Observation of individual vortex penetration in a coplanar superconducting resonator

TL;DR

Problem: detecting and controlling single Abrikosov vortices in superconducting microwave resonators is challenging due to small impedance changes and background nonlinearities. Approach: engineer a narrow neck at the grounded end of a λ/4 CPW Nb resonator to concentrate current and enable single-vortex entry, with verification via NV-center QDM imaging. Findings: discrete steps in $f_0$ (≈0.2–0.5 MHz) accompany each vortex entry, with concurrent $Q_i$ drops; step amplitudes scale as $Z_v(\\omega) \\propto W^{-2}$ and depend on neck width; NV imaging shows vortices nucleating near the neck and obeying geometrical barriers.
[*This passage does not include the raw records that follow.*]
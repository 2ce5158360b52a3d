-- ===== src/Adapters/ConfigManager.antt =====
-- src/adapters/config_manager.rs: the answers of the adapter, placeholders in the source. `fresh` is
-- the text of a new UUID; `now` is the clock, read once for an answer.
pub mod Types
use analytics_hub.Prelude.{ℕ, String, Option, Bool, none, some, true, false, Outcome, ◌∷◌, []}
use analytics_hub.Prelude.Int.{ℤ}
use analytics_hub.Prelude.Float.{FloatOps}
use analytics_hub.Adapters.Gate.{when_connected, or_else}
use analytics_hub.Adapters.ConfigManager.Types.{
  ConfigManagerConfig, AnalyticsParameters, RetentionSettings, FeatureFlags, EnvironmentConfig,
  aggregated_metrics, exponential_smoothing, hot, raw_events, s3, traces, warm, warning, z_score,
  zstd,
}

-- `from_env`; `env` looks up a variable and `parse_u64` reads a number.
unfoldable pub from_env : (String → Option String) → (String → Option ℕ) → ConfigManagerConfig
from_env env parse_u64 = record {
  endpoint = or_else (env "CONFIG_MANAGER_ENDPOINT") "http://localhost:8085";
  api_key = env "CONFIG_MANAGER_API_KEY";
  timeout_secs = or_else (parse_u64 (or_else (env "CONFIG_MANAGER_TIMEOUT_SECS") "30")) 30;
  cache_ttl_secs = or_else (parse_u64 (or_else (env "CONFIG_MANAGER_CACHE_TTL_SECS") "300")) 300;
}

module _ (f : FloatOps) where
  unfoldable pub fetch_analytics_parameters :
      Bool → String → ℤ → Outcome (AnalyticsParameters f.F) String
  fetch_analytics_parameters connected fresh now =
      when_connected connected "Config-Manager adapter not connected" (record {
        config_id = fresh;
        version = "1.0.0";
        created_at = now;
        aggregation = (record {
          default_window_minutes = 5;
          rollup_windows =
              ((record {
                name = "1min";
                duration_minutes = 1;
                aggregations = ("avg" ∷ "count" ∷ []);
              })
                ∷ (record {
                  name = "5min";
                  duration_minutes = 5;
                  aggregations = ("avg" ∷ "min" ∷ "max" ∷ "count" ∷ []);
                })
                ∷ (record {
                  name = "1hour";
                  duration_minutes = 60;
                  aggregations = ("avg" ∷ "min" ∷ "max" ∷ "p50" ∷ "p95" ∷ "p99" ∷ "count" ∷ []);
                })
                ∷ []);
          default_percentiles =
              ((f.div (f.of_nat 5) (f.of_nat 10))
                ∷ (f.div (f.of_nat 9) (f.of_nat 10))
                ∷ (f.div (f.of_nat 95) (f.of_nat 100))
                ∷ (f.div (f.of_nat 99) (f.of_nat 100))
                ∷ []);
          max_cardinality = 10000;
          enable_histograms = true;
        });
        anomaly_detection = (record {
          enabled = true;
          algorithm = z_score;
          sensitivity = (f.of_nat 3);
          min_data_points = 30;
          evaluation_window_minutes = 15;
          cooldown_minutes = 60;
        });
        forecasting = (record {
          enabled = true;
          model = exponential_smoothing;
          horizon_hours = 24;
          training_window_days = 7;
          update_frequency_hours = 1;
          confidence_level = (f.div (f.of_nat 95) (f.of_nat 100));
        });
        alerting = (record {
          enabled = true;
          default_severity = warning;
          channels = [];
          rate_limit_per_hour = 100;
          grouping_window_minutes = 5;
        });
        sampling = (record {
          enabled = false;
          default_rate = (f.of_nat 1);
          high_volume_rate = (f.div (f.of_nat 1) (f.of_nat 10));
          high_volume_threshold_rps = 10000;
          preserve_errors = true;
        });
      })

  unfoldable pub fetch_retention_settings : Bool → String → ℤ → Outcome RetentionSettings String
  fetch_retention_settings connected fresh now =
      when_connected connected "Config-Manager adapter not connected" (record {
        config_id = fresh;
        version = "1.0.0";
        created_at = now;
        policies =
            ((record {
              policy_id = "raw-events";
              name = "Raw Events";
              data_type = raw_events;
              retention_days = 7;
              tier = hot;
              compress_after_days = (some 1);
              archive_after_days = (some 7);
            })
              ∷ (record {
                policy_id = "aggregated-metrics";
                name = "Aggregated Metrics";
                data_type = aggregated_metrics;
                retention_days = 90;
                tier = warm;
                compress_after_days = (some 7);
                archive_after_days = (some 30);
              })
              ∷ (record {
                policy_id = "traces";
                name = "Traces";
                data_type = traces;
                retention_days = 14;
                tier = hot;
                compress_after_days = (some 3);
                archive_after_days = (some 14);
              })
              ∷ []);
        archival = (record {
          enabled = false;
          destination = (s3 "analytics-archive" "data/");
          compression = zstd;
          encryption_enabled = true;
        });
        compaction = (record {
          enabled = true;
          schedule_cron = "0 2 * * *";
          target_file_size_mb = 256;
          max_concurrent_jobs = 4;
        });
      })

  unfoldable pub fetch_feature_flags : Bool → String → ℤ → Outcome (FeatureFlags f.F) String
  fetch_feature_flags connected fresh now =
      when_connected connected "Config-Manager adapter not connected"
        (record { config_id = fresh; flags = []; last_updated = now })

  unfoldable pub fetch_environment_config : Bool → String → Outcome EnvironmentConfig String
  fetch_environment_config connected environment =
      when_connected connected "Config-Manager adapter not connected" (record {
        environment = environment;
        endpoints = [];
        limits = (record {
          max_concurrent_queries = 100;
          max_query_timeout_secs = 300;
          max_result_rows = 100000;
          max_memory_mb = 4096;
        });
        security = (record {
          require_auth = true;
          allowed_origins = ("*" ∷ []);
          rate_limit_rps = 1000;
          ip_whitelist = none;
        });
      })

  unfoldable pub get_config_value : {T : Type 0} → Bool → String → Outcome (Option T) String
  get_config_value connected key =
      when_connected connected "Config-Manager adapter not connected" none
Significance: enables on-chip single-vortex metrology, fast multiplexed readout, and a platform to study vortex pinning/depinning and mitigate vortex-induced loss in superconducting microwave circuits.

Abstract

We demonstrate the detection and control of individual Abrikosov vortices in superconducting microwave resonators. $λ/4$ resonators with a narrowed region near the grounded end acting as a vortex trap were fabricated and studied using microwave transmission spectroscopy at millikelvin temperatures. Sharp stepwise drops in resonance frequency are detected as a function of increasing external magnetic field, attributed to the entry of individual Abrikosov vortices in the narrow region. This interpretation is confirmed by NV center magnetometry revealing discrete vortex entry events on increasing field. Our results establish a method to investigate and manipulate the states of Abrikosov vortices with microwaves.

Figures (4)

• Figure 1: (a) Optical image of the chip showing the common feedline and four multiplexed $\lambda/4$ resonators. (b) Zoom in on the grounded end of one resonator, showing a constriction in the center conductor. (c) Further magnification of the 1 $~µ m$-wide neck used to pin individual vortices. The narrow neck at the grounded end is designed to enhance current density and increase sensitivity to vortex entry.
• Figure 2: (Left) Resonator frequency shift as a function of applied magnetic field current, showing discrete steps corresponding to vortex entry events. (Right) Transmission spectra taken at three values of magnetic field (vertical dashed lines), indicating a progressive decrease in the internal quality factor $Q_i$.
• Figure 3: (Top) QDM Magnetic field map over a wide field of view in the neck region of the device with a $2~µm$-wide neck after field cooling in $113~µT$. (Bottom left) Zoomed-in view of the red dashed rectangular region in the top panel. (Bottom right) Zoomed-in view of the black dashed rectangular region in the top panel.
• Figure 4: (a) Magnetic-field imaging. (ZF) Magnetic-field map after cooling in a near-zero field ($\lesssim$1µT). (540 µ T) After increasing the external field to $\sim$540µT. (540 µ T+MW) After sweeping the microwave (MW) drive across resonance. (630 µ T+MW) After increasing the field to $\sim$630µT and repeating the MW sweep. (b) Fine view of the optical image obtained during QDM magnetometry measurement in (a, 540 µ T). The field of view corresponds to the red dashed rectangular in (a). The narrowing geometry is visible. The blue dashed line corresponds to the stripline shape for eyeguide. (c) Fine views of the magnetic images for (540 µ T) and (540 µ T+MW) (Red dashed region). The slow background gradient observable in (a) is subtracted by another magnetic image taken under preceding measurement under 450 µ T, with multiplying the average difference SI. Vortices are located near the edge.